-- ===== src/Examples/Stored.antt =====
-- Sessions and calls inserted into small tables, and proposed_names resolved.
use agent_len.Base.{ℕ, String, ◌≡◌, refl, none, List, [], ◌∷◌, ok}
use agent_len.Base.{All, arith, nat_eq, pair_eq, int_eq, string_eq}
use agent_len.Normalizer.Entities.{model}
use agent_len.Base.{err, Bool, true, false, pos, ltb, ◌⊎◌}
use agent_len.Python.{database_error}
use agent_len.Json.{Value, str, int, datetime}
use agent_len.Storage.Constraints.{
  ColumnType, text_column, timestamp_column, bigint_column, integer_column, Server, Referents,
  Constraints, Admitted,
}
use agent_len.Storage.Sessions.{SessionKey, SessionColumns, session_constraints, session_values}
use agent_len.Storage.Calls.{CallKey, ToolCallColumns, tool_constraints}
use agent_len.Storage.Table.{Table, find, IsValid, insert_values}
use agent_len.Storage.Slices.{slices, insert_many, concat, FitsOne, slices-Fits}
use agent_len.Storage.Slices.{insert_many-insert_values}
use agent_len.Storage.Outcome.{InsertOutcome, inserted_count}
use agent_len.Storage.Sessions.{SessionRow, SessionTable, session_columns, add_sessions}
use agent_len.Storage.Sessions.Settled.{SessionsHeld, add_sessions-SessionsHeld}
use agent_len.Storage.Sessions.Repeated.{add_sessions-stored}
use agent_len.Storage.Calls.{ToolCallRow, ToolCallTable, tool_entity, tool_columns, tool_call_width}
use agent_len.Storage.Calls.Accounted.{Accounted, add_calls-Accounted}
use agent_len.Storage.Referentials.{Referentials, resolve}
use agent_len.Storage.Referentials.Total.{ValidReferentials, Resolved, resolve-Resolved}
use agent_len.Examples.Sessions.{session, grep}

abbrev three : List ℕ
three = 1 ∷ 2 ∷ 3 ∷ []

slices-Fits_example :
    (concat (slices three 20000) ≡ three) × All (FitsOne 20000) (slices three 20000)
slices-Fits_example = slices-Fits three 20000 (omega arith) (omega arith)

abbrev pub no_names : Table String (Unit {0})
no_names = record { next_id = 1; rows = [] }

abbrev proposed_names : List (String × Unit {0})
proposed_names = ("a", tt) ∷ ("b", tt) ∷ ("a", tt) ∷ []

insert_many-insert_values_example :
    insert_many 20000 proposed_names no_names ≡ insert_values proposed_names no_names
insert_many-insert_values_example =
    insert_many-insert_values 20000 proposed_names no_names (omega arith) (omega arith)

-- A server whose columns take values of their types in their ranges.
abbrev accepts : ColumnType → Value → Bool
accepts text_column (str s) = true
accepts timestamp_column (datetime t z) = true
accepts bigint_column (int (pos n)) = ltb n 9_223_372_036_854_775_808
accepts integer_column (int (pos n)) = ltb n 2_147_483_648
accepts type v = false

abbrev pub server : Server
server = record { accepts = accepts; data_sources = 7 ∷ []; import_runs = 4 ∷ 5 ∷ [] }

abbrev held : Referents
held = record {
  raw_records = 1 ∷ 2 ∷ [];
  agents = [];
  repositories = [];
  models = [];
  tools = 3 ∷ [];
  sessions = 1 ∷ [];
}

abbrev on_sessions : Constraints SessionKey SessionColumns
on_sessions = session_constraints server held

abbrev on_calls : Constraints CallKey ToolCallColumns
on_calls = tool_constraints server held

abbrev row : SessionRow
row = record {
  entity = session;
  import_run_id = 4;
  raw_record_id = 1;
  agent_id = none;
  repository_id = none;
}

-- The same session again, on another line.
abbrev again : SessionRow
again = record {
  entity = record session { id = 20 };
  import_run_id = 4;
  raw_record_id = 2;
  agent_id = none;
  repository_id = none;
}

abbrev pub no_sessions : SessionTable
no_sessions = record { next_id = 1; rows = [] }

add_sessions-SessionsHeld_example :
    (All (Admitted on_sessions no_sessions) (session_values (row ∷ again ∷ []))
      × ((outcome : InsertOutcome) × (after : SessionTable) × (add_sessions on_sessions
              (row ∷ again ∷ [])
              no_sessions
            ≡ ok (outcome, after))
          × IsValid after
          × SessionsHeld after (row ∷ again ∷ []) outcome))
    ⊎ (¬ All (Admitted on_sessions no_sessions) (session_values (row ∷ again ∷ []))
        × (add_sessions on_sessions (row ∷ again ∷ []) no_sessions ≡ err database_error))
add_sessions-SessionsHeld_example =
    add_sessions-SessionsHeld on_sessions (row ∷ again ∷ []) no_sessions (tt, tt)
      ((refl, (refl, tt)))

abbrev one_session : SessionTable
one_session = record {
  next_id = 2;
  rows = record { id = 1; key = (7, "s1"); value = session_columns row } ∷ [];
}

abbrev later : SessionRow
later = record row { import_run_id = 5 }

abbrev after_later : SessionTable
after_later = record one_session { next_id = 3 }

abbrev met : InsertOutcome
met = record { assigned = []; existing = (10, 1) ∷ []; duplicates = 10 ∷ []; unlinked = [] }

reimported : add_sessions on_sessions (later ∷ []) one_session ≡ ok (met, after_later)
unfolding add_sessions
reimported = refl

add_sessions-stored_example : (inserted_count met ≡ 0) × (after_later.rows ≡ one_session.rows)
unfolding find
add_sessions-stored_example =
    add_sessions-stored on_sessions (later ∷ []) one_session (refl, tt) reimported

abbrev call : ToolCallRow
call = record { entity = grep; raw_record_id = 1; tool_id = 3 }

abbrev repeated : ToolCallRow
repeated = record call { entity = record grep { id = 30 } }

abbrev orphan : ToolCallRow
orphan = record call { entity = record grep { id = 31; session_id = 99 } }

abbrev pub no_tool_calls : ToolCallTable
no_tool_calls = record { next_id = 1; rows = [] }

add_calls-Accounted_example :
    Accounted tool_entity tool_columns tool_call_width on_calls
      (call ∷ repeated ∷ orphan ∷ [])
      ((10, 1) ∷ [])
      no_tool_calls
add_calls-Accounted_example =
    add_calls-Accounted tool_entity tool_columns tool_call_width on_calls
      (call ∷ repeated ∷ orphan ∷ []) ((10, 1) ∷ []) no_tool_calls (omega arith, omega arith)
      (tt, tt) (refl, (refl, (refl, tt)))

abbrev pub no_referentials : Referentials
no_referentials = record {
  providers = no_names;
  models = record { next_id = 1; rows = [] };
  agents = record { next_id = 1; rows = [] };
  tools = no_names;
  repositories = record { next_id = 1; rows = [] };
}

pub none_valid : ValidReferentials no_referentials
none_valid = record {
  providers = (tt, tt);
  models = (tt, tt);
  agents = (tt, tt);
  tools = (tt, tt);
  repositories = (tt, tt);
}

resolve-Resolved_example :
    (id : ℕ) × (after : Referentials) × (resolve model "m"
        (("provider_name", "p") ∷ [])
        no_referentials
      ≡ ok (id, after))
    × Resolved model "m" (("provider_name", "p") ∷ []) no_referentials id after
resolve-Resolved_example =
    resolve-Resolved model "m" (("provider_name", "p") ∷ []) no_referentials none_valid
——
### [Problem to solve]
From the entries above, copy every line where the word "Admitted" shows up.

### [Response]
  Constraints, Admitted,
    (All (Admitted on_sessions no_sessions) (session_values (row ∷ again ∷ []))
    ⊎ (¬ All (Admitted on_sessions no_sessions) (session_values (row ∷ again ∷ []))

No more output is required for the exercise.